**Exercise aim:** Copy out the complete listing, word for word.
··· Available data
-- ===== src/Adapter/QueueHooks/Settings.antt =====
-- The launcher reads back the options that launcherSettings of src/cmd/gridware-adapter/main.go
-- writes into the queue's hooks, and accepts them: src/cmd/qrmi-ocs-launch/main.go and
-- src/internal/qrmiocs/sanitize.go.
use qpu_resource.Prelude.{
  Bool, true, false, not, ◌&&◌, ◌||◌, List, [], ◌∷◌, ◌++◌, map, ◌≡◌, refl, ◌∙◌, ap, arith, Text,
  codes, is_nil, text_eq, text_eq_iff, All, append_assoc,
}
use qpu_resource.Strings.{cut, cut_prefix}
use qpu_resource.FilePath.{is_abs, clean}
use qpu_resource.FilePath.Clean.{clean_twice}
use qpu_resource.Decimal.{is_number}
use qpu_resource.Dict.{value_of}
use qpu_resource.Errors.{ok, ◌>>=◌, guard_open}
use qpu_resource.Qrmiocs.Sanitize.{cell_pattern}
use qpu_resource.Qrmiocs.LaunchEnv.{LaunchSettings, validate, check_dirs, check_ports}
use qpu_resource.Launch.{no_settings, set_option, is_option, parse_options}
use qpu_resource.Launch.Options.{root_words, parse_options-roots, parse_options-stop}
use qpu_resource.Adapter.HookOptions.{Surroundings, cell}
use qpu_resource.Adapter.QueueHooks.{option_of, port_option, launcher_words}
use qpu_resource.Adapter.QueueHooks.Roots.{IsRoot}

module _ (w : Surroundings) where
  abbrev pub qmaster_port : Text
  qmaster_port = value_of (codes "SGE_QMASTER_PORT") w.env

  abbrev pub execd_port : Text
  execd_port = value_of (codes "SGE_EXECD_PORT") w.env

  abbrev pub root : Text
  root = value_of (codes "SGE_ROOT") w.env

  -- What the adapter wants the launcher to use.
  abbrev pub settings_of : List Text → LaunchSettings
  settings_of roots = record {
    sge_root = clean root;
    sge_cell = cell w;
    spool_roots = roots;
    qmaster_port = qmaster_port;
    execd_port = execd_port;
  }

root_words_lem :
    (roots : List Text) → map (option_of (codes "--spool-root")) roots ≡ root_words roots
root_words_lem [] = refl
root_words_lem (r ∷ roots) = ap (◌∷◌ (option_of (codes "--spool-root") r)) (root_words_lem roots)

-- A port that is not set leaves the settings, which have none.
module _ (root cell : Text) (roots : List Text) where
  abbrev with_ports : Text → Text → LaunchSettings
  with_ports qmaster execd = record {
    sge_root = root;
    sge_cell = cell;
    spool_roots = roots;
    qmaster_port = qmaster;
    execd_port = execd;
  }

  parse_options-qmaster :
      (port : Text) (rest : List Text)
      → parse_options (with_ports [] []) (port_option (codes "--qmaster-port") port ++ rest)
        ≡ parse_options (with_ports port []) rest
  unfolding parse_options set_option cut text_eq cut_prefix
  parse_options-qmaster [] rest = refl
  parse_options-qmaster (c ∷ port) rest = refl

  parse_options-execd :
      (qmaster port : Text) (rest : List Text)
      → parse_options (with_ports qmaster []) (port_option (codes "--execd-port") port ++ rest)
        ≡ parse_options (with_ports qmaster port) rest
  unfolding parse_options set_option cut text_eq cut_prefix
  parse_options-execd qmaster [] rest = refl
  parse_options-execd qmaster (c ∷ port) rest = refl

  parse_options-words :
      (qmaster execd : Text) (rest : List Text)
      → parse_options no_settings (
          (option_of (codes "--sge-root") root
            ∷ option_of (codes "--sge-cell") cell
            ∷ (map (option_of (codes "--spool-root")) roots
                ++ (port_option (codes "--qmaster-port") qmaster
                    ++ port_option (codes "--execd-port") execd)))
          ++ rest)
        ≡ parse_options (with_ports qmaster execd) rest
  unfolding parse_options set_option cut text_eq cut_prefix
  parse_options-words qmaster execd rest =
      let ports =
        port_option (codes "--qmaster-port") qmaster ++ port_option (codes "--execd-port") execd in
      ap (parse_options (record (with_ports [] []) { spool_roots = [] })) (
        append_assoc (map (option_of (codes "--spool-root")) roots) ports rest
        ∙ ap (λ ws. ws ++ (ports ++ rest)) (root_words_lem roots))
      ∙ parse_options-roots (record (with_ports [] []) { spool_roots = [] }) roots (ports ++ rest)
      ∙ ap (parse_options (with_ports [] [])) (
          append_assoc (port_option (codes "--qmaster-port") qmaster)
            (port_option (codes "--execd-port") execd) rest)
      ∙ parse_options-qmaster qmaster (port_option (codes "--execd-port") execd ++ rest)
      ∙ parse_options-execd qmaster execd rest

-- The launcher reads the adapter's settings, and from the hook's path on nothing as an option.
pub parse_options-launcher_words :
    (w : Surroundings) (roots : List Text) (hook : Text) (args : List Text)
    → is_option hook ≡ false
    → parse_options no_settings (launcher_words w roots ++ (hook ∷ args))
      ≡ ok (settings_of w roots, hook ∷ args)
unfolding launcher_words
parse_options-launcher_words w roots hook args h =
    parse_options-words (clean (root w)) (cell w) roots (qmaster_port w) (execd_port w)
      (hook ∷ args)
    ∙ parse_options-stop (settings_of w roots) hook args h

check_dirs-IsRoot : (ds : List Text) → All IsRoot ds → check_dirs ds ≡ ok tt
unfolding check_dirs
check_dirs-IsRoot [] h = refl
check_dirs-IsRoot (d ∷ ds) ((abs, same), h) =
    guard_open (is_abs d && text_eq (clean d) d) _ (check_dirs ds)
      (ground (arith, text_eq_iff (clean d) d))
    ∙ check_dirs-IsRoot ds h

absolute_given : (d : Text) → is_abs d ≡ true → is_nil d ≡ false
absolute_given [] h = cc h
absolute_given (c ∷ d) h = refl

both : {a b : Bool} → a ≡ false → b ≡ true → (not a && b) ≡ true
both h k = rw (h, k) refl

-- A port that the launcher takes: none, or a number.
abbrev pub IsPort : Text → Type 0
IsPort port = (is_nil port || is_number port) ≡ true

-- The launcher accepts the adapter's settings, if the cell and the ports have their forms.
pub validate-settings_of :
    (w : Surroundings) (roots : List Text)
    → is_abs (root w) ≡ true
    → All IsRoot roots
    → cell_pattern (cell w) ≡ true
    → IsPort (qmaster_port w)
    → IsPort (execd_port w)
    → validate (settings_of w roots) ≡ ok tt
unfolding validate check_ports
validate-settings_of w roots abs are c p q =
    let cleaned = clean_twice (root w) abs in
    guard_open (not (is_nil (clean (root w))) && cell_pattern (cell w)) _ _
      (both (absolute_given (clean (root w)) cleaned.0) c)
    ∙ ap (λ r. r >>= λ _. check_ports (qmaster_port w ∷ execd_port w ∷ []))
        (check_dirs-IsRoot (clean (root w) ∷ roots) (cleaned, are))
    ∙ guard_open (is_nil (qmaster_port w) || is_number (qmaster_port w)) _ _ p
    ∙ guard_open (is_nil (execd_port w) || is_number (execd_port w)) _ _ q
······
**Exercise output:**
-- ===== src/Adapter/QueueHooks/Settings.antt =====
-- The launcher reads back the options that launcherSettings of src/cmd/gridware-adapter/main.go
-- writes into the queue's hooks, and accepts them: src/cmd/qrmi-ocs-launch/main.go and
-- src/internal/qrmiocs/sanitize.go.
use qpu_resource.Prelude.{
  Bool, true, false, not, ◌&&◌, ◌||◌, List, [], ◌∷◌, ◌++◌, map, ◌≡◌, refl, ◌∙◌, ap, arith, Text,
  codes, is_nil, text_eq, text_eq_iff, All, append_assoc,
}
use qpu_resource.Strings.{cut, cut_prefix}
use qpu_resource.FilePath.{is_abs, clean}
use qpu_resource.FilePath.Clean.{clean_twice}
use qpu_resource.Decimal.{is_number}
use qpu_resource.Dict.{value_of}
use qpu_resource.Errors.{ok, ◌>>=◌, guard_open}
use qpu_resource.Qrmiocs.Sanitize.{cell_pattern}
use qpu_resource.Qrmiocs.LaunchEnv.{LaunchSettings, validate, check_dirs, check_ports}
use qpu_resource.Launch.{no_settings, set_option, is_option, parse_options}
use qpu_resource.Launch.Options.{root_words, parse_options-roots, parse_options-stop}
use qpu_resource.Adapter.HookOptions.{Surroundings, cell}
use qpu_resource.Adapter.QueueHooks.{option_of, port_option, launcher_words}
use qpu_resource.Adapter.QueueHooks.Roots.{IsRoot}

module _ (w : Surroundings) where
  abbrev pub qmaster_port : Text
  qmaster_port = value_of (codes "SGE_QMASTER_PORT") w.env

  abbrev pub execd_port : Text
  execd_port = value_of (codes "SGE_EXECD_PORT") w.env

  abbrev pub root : Text
  root = value_of (codes "SGE_ROOT") w.env

  -- What the adapter wants the launcher to use.
  abbrev pub settings_of : List Text → LaunchSettings
  settings_of roots = record {
    sge_root = clean root;
    sge_cell = cell w;
    spool_roots = roots;
    qmaster_port = qmaster_port;
    execd_port = execd_port;
  }

root_words_lem :
    (roots : List Text) → map (option_of (codes "--spool-root")) roots ≡ root_words roots
root_words_lem [] = refl
root_words_lem (r ∷ roots) = ap (◌∷◌ (option_of (codes "--spool-root") r)) (root_words_lem roots)

-- A port that is not set leaves the settings, which have none.
module _ (root cell : Text) (roots : List Text) where
  abbrev with_ports : Text → Text → LaunchSettings
  with_ports qmaster execd = record {
    sge_root = root;
    sge_cell = cell;
    spool_roots = roots;
    qmaster_port = qmaster;
    execd_port = execd;
  }

  parse_options-qmaster :
      (port : Text) (rest : List Text)
      → parse_options (with_ports [] []) (port_option (codes "--qmaster-port") port ++ rest)
        ≡ parse_options (with_ports port []) rest
  unfolding parse_options set_option cut text_eq cut_prefix
  parse_options-qmaster [] rest = refl
  parse_options-qmaster (c ∷ port) rest = refl

  parse_options-execd :
      (qmaster port : Text) (rest : List Text)
      → parse_options (with_ports qmaster []) (port_option (codes "--execd-port") port ++ rest)
        ≡ parse_options (with_ports qmaster port) rest
  unfolding parse_options set_option cut text_eq cut_prefix
  parse_options-execd qmaster [] rest = refl
  parse_options-execd qmaster (c ∷ port) rest = refl

  parse_options-words :
      (qmaster execd : Text) (rest : List Text)
      → parse_options no_settings (
          (option_of (codes "--sge-root") root
            ∷ option_of (codes "--sge-cell") cell
            ∷ (map (option_of (codes "--spool-root")) roots
                ++ (port_option (codes "--qmaster-port") qmaster
                    ++ port_option (codes "--execd-port") execd)))
          ++ rest)
        ≡ parse_options (with_ports qmaster execd) rest
  unfolding parse_options set_option cut text_eq cut_prefix
  parse_options-words qmaster execd rest =
      let ports =
        port_option (codes "--qmaster-port") qmaster ++ port_option (codes "--execd-port") execd in
      ap (parse_options (record (with_ports [] []) { spool_roots = [] })) (
        append_assoc (map (option_of (codes "--spool-root")) roots) ports rest
        ∙ ap (λ ws. ws ++ (ports ++ rest)) (root_words_lem roots))
      ∙ parse_options-roots (record (with_ports [] []) { spool_roots = [] }) roots (ports ++ rest)
      ∙ ap (parse_options (with_ports [] [])) (
          append_assoc (port_option (codes "--qmaster-port") qmaster)
            (port_option (codes "--execd-port") execd) rest)
      ∙ parse_options-qmaster qmaster (port_option (codes "--execd-port") execd ++ rest)
      ∙ parse_options-execd qmaster execd rest

-- The launcher reads the adapter's settings, and from the hook's path on nothing as an option.
pub parse_options-launcher_words :
    (w : Surroundings) (roots : List Text) (hook : Text) (args : List Text)
    → is_option hook ≡ false
    → parse_options no_settings (launcher_words w roots ++ (hook ∷ args))
      ≡ ok (settings_of w roots, hook ∷ args)
unfolding launcher_words
parse_options-launcher_words w roots hook args h =
    parse_options-words (clean (root w)) (cell w) roots (qmaster_port w) (execd_port w)
      (hook ∷ args)
    ∙ parse_options-stop (settings_of w roots) hook args h

check_dirs-IsRoot : (ds : List Text) → All IsRoot ds → check_dirs ds ≡ ok tt
unfolding check_dirs
check_dirs-IsRoot [] h = refl
check_dirs-IsRoot (d ∷ ds) ((abs, same), h) =
    guard_open (is_abs d && text_eq (clean d) d) _ (check_dirs ds)
      (ground (arith, text_eq_iff (clean d) d))
    ∙ check_dirs-IsRoot ds h

absolute_given : (d : Text) → is_abs d ≡ true → is_nil d ≡ false
absolute_given [] h = cc h
absolute_given (c ∷ d) h = refl

both : {a b : Bool} → a ≡ false → b ≡ true → (not a && b) ≡ true
both h k = rw (h, k) refl

-- A port that the launcher takes: none, or a number.
abbrev pub IsPort : Text → Type 0
IsPort port = (is_nil port || is_number port) ≡ true

-- The launcher accepts the adapter's settings, if the cell and the ports have their forms.
pub validate-settings_of :
    (w : Surroundings) (roots : List Text)
    → is_abs (root w) ≡ true
    → All IsRoot roots
    → cell_pattern (cell w) ≡ true
    → IsPort (qmaster_port w)
    → IsPort (execd_port w)
    → validate (settings_of w roots) ≡ ok tt
unfolding validate check_ports
validate-settings_of w roots abs are c p q =
    let cleaned = clean_twice (root w) abs in
    guard_open (not (is_nil (clean (root w))) && cell_pattern (cell w)) _ _
      (both (absolute_given (clean (root w)) cleaned.0) c)
    ∙ ap (λ r. r >>= λ _. check_ports (qmaster_port w ∷ execd_port w ∷ []))
        (check_dirs-IsRoot (clean (root w) ∷ roots) (cleaned, are))
    ∙ guard_open (is_nil (qmaster_port w) || is_number (qmaster_port w)) _ _ p
    ∙ guard_open (is_nil (execd_port w) || is_number (execd_port w)) _ _ q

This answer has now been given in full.